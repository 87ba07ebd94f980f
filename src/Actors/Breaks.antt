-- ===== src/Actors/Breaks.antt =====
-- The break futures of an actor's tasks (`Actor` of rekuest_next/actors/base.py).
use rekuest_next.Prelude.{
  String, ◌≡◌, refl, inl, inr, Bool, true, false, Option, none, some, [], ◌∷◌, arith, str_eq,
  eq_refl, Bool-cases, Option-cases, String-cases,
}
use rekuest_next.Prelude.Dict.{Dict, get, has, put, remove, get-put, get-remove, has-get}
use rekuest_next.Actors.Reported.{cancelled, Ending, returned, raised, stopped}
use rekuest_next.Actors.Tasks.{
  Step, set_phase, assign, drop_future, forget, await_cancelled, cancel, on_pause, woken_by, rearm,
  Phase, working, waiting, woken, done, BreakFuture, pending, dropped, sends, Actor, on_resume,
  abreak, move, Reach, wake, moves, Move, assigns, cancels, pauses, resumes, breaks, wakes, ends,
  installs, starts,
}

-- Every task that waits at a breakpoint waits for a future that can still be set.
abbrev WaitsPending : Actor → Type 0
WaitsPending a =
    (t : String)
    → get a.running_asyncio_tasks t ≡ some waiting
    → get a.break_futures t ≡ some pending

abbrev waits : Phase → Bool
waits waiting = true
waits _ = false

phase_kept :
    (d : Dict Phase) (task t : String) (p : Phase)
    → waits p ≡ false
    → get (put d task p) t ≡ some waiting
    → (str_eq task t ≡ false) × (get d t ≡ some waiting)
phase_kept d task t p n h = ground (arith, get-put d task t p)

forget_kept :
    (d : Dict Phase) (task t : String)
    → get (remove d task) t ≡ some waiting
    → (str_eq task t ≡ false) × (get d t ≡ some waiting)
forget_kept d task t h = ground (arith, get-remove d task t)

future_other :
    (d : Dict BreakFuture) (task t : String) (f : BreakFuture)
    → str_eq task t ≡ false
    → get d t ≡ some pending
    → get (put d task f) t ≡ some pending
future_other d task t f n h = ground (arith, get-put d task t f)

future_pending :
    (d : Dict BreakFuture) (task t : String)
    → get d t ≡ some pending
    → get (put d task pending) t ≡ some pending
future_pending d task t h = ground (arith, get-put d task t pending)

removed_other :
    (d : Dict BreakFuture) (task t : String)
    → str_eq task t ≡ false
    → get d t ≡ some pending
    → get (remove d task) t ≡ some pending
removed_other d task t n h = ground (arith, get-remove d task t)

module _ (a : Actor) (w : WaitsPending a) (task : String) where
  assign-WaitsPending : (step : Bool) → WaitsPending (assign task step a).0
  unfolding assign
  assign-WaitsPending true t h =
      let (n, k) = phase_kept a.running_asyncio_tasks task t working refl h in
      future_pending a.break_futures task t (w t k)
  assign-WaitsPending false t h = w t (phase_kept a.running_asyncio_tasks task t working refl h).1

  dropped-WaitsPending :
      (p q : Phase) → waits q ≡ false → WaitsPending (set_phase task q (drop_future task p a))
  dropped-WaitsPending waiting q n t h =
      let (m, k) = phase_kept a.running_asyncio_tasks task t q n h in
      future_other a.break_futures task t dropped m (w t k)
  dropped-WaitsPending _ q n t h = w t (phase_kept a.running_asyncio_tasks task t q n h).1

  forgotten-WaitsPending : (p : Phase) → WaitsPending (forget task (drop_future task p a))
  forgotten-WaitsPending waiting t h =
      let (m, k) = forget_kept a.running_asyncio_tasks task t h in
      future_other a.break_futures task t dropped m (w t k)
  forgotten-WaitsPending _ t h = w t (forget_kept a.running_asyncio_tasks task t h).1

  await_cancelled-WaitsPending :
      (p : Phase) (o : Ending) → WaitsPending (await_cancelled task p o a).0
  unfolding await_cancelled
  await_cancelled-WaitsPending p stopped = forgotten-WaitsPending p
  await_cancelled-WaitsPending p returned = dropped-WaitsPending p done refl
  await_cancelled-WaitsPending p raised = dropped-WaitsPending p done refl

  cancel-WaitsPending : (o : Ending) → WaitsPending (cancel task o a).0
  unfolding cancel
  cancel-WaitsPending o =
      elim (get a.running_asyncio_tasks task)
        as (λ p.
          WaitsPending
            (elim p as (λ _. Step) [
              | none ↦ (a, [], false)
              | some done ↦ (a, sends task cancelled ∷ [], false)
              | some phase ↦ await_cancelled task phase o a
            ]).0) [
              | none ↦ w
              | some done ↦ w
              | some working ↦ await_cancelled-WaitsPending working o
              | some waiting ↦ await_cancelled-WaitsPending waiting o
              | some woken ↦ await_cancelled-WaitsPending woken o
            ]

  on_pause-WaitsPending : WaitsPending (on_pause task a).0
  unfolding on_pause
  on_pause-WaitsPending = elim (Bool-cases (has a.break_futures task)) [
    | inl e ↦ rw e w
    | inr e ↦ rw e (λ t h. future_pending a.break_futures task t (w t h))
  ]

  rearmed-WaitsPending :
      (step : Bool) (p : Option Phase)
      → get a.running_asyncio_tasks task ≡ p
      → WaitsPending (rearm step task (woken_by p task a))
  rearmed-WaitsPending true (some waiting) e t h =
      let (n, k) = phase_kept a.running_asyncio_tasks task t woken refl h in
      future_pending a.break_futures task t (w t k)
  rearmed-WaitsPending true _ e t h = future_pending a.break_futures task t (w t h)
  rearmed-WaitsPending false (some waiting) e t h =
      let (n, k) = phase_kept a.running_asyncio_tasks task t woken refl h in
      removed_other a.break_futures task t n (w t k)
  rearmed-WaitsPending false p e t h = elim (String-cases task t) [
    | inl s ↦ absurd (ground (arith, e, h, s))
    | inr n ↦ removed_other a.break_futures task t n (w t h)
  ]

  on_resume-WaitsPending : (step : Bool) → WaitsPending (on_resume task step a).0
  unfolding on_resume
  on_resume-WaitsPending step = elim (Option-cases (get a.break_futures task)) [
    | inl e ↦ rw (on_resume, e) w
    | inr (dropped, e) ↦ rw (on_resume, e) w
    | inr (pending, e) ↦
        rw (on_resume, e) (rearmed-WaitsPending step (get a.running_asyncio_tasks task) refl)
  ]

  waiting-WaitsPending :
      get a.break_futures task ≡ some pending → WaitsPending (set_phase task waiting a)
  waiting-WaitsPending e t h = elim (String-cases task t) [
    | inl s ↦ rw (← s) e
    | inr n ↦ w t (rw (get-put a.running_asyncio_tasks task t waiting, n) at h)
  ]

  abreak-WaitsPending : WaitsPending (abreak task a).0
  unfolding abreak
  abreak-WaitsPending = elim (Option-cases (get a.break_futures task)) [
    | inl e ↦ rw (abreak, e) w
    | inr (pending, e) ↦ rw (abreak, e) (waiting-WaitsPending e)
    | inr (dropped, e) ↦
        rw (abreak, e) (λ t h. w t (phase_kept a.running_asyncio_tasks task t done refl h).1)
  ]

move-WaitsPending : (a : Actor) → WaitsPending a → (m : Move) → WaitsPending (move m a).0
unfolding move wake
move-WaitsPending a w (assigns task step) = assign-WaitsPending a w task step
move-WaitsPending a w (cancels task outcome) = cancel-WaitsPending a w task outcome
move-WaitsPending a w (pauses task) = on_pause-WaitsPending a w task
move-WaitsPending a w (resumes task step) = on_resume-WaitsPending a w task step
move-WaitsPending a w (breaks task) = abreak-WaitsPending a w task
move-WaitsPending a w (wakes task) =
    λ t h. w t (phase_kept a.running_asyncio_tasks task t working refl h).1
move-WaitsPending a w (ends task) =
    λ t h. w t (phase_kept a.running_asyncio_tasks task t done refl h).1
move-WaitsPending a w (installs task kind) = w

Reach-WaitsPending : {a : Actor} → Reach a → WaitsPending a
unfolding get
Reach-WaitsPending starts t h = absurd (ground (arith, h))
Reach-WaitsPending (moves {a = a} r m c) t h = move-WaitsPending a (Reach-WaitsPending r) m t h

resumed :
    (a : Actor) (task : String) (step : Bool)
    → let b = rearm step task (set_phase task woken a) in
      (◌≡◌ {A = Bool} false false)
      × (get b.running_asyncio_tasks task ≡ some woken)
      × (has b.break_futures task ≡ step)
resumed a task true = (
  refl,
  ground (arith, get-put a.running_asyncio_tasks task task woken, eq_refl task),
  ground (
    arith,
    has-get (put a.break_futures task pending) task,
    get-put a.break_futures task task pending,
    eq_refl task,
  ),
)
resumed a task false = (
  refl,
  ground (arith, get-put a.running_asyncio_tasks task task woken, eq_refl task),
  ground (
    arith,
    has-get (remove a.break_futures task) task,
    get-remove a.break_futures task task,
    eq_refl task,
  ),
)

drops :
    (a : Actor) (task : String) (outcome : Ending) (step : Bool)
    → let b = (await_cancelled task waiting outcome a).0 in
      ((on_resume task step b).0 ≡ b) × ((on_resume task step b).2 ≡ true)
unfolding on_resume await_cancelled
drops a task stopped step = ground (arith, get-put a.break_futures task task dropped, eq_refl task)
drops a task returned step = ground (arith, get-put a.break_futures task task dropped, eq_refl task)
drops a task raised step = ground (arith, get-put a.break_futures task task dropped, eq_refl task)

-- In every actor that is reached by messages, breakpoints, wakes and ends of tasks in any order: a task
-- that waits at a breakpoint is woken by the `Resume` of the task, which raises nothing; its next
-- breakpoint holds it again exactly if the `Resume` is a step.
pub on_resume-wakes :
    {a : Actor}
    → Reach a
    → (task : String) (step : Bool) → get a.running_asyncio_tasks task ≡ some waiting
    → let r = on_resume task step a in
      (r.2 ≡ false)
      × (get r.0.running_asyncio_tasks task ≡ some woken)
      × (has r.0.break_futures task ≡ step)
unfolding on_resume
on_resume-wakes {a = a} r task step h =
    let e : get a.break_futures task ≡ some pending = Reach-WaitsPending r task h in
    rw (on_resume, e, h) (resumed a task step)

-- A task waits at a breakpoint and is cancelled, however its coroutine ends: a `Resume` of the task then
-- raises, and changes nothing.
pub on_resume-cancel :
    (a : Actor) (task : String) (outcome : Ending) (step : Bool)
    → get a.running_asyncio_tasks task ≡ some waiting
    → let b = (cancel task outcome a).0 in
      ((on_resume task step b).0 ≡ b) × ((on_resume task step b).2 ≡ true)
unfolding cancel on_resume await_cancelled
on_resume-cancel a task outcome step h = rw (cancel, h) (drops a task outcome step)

# [PROBLEM TO SOLVE]
Your task is to gather all lines from the entries above that hold the word "stopped".

# [EXERCISE RESPONSE]
use rekuest_next.Actors.Reported.{cancelled, Ending, returned, raised, stopped}
  await_cancelled-WaitsPending p stopped = forgotten-WaitsPending p
drops a task stopped step = ground (arith, get-put a.break_futures task task dropped, eq_refl task)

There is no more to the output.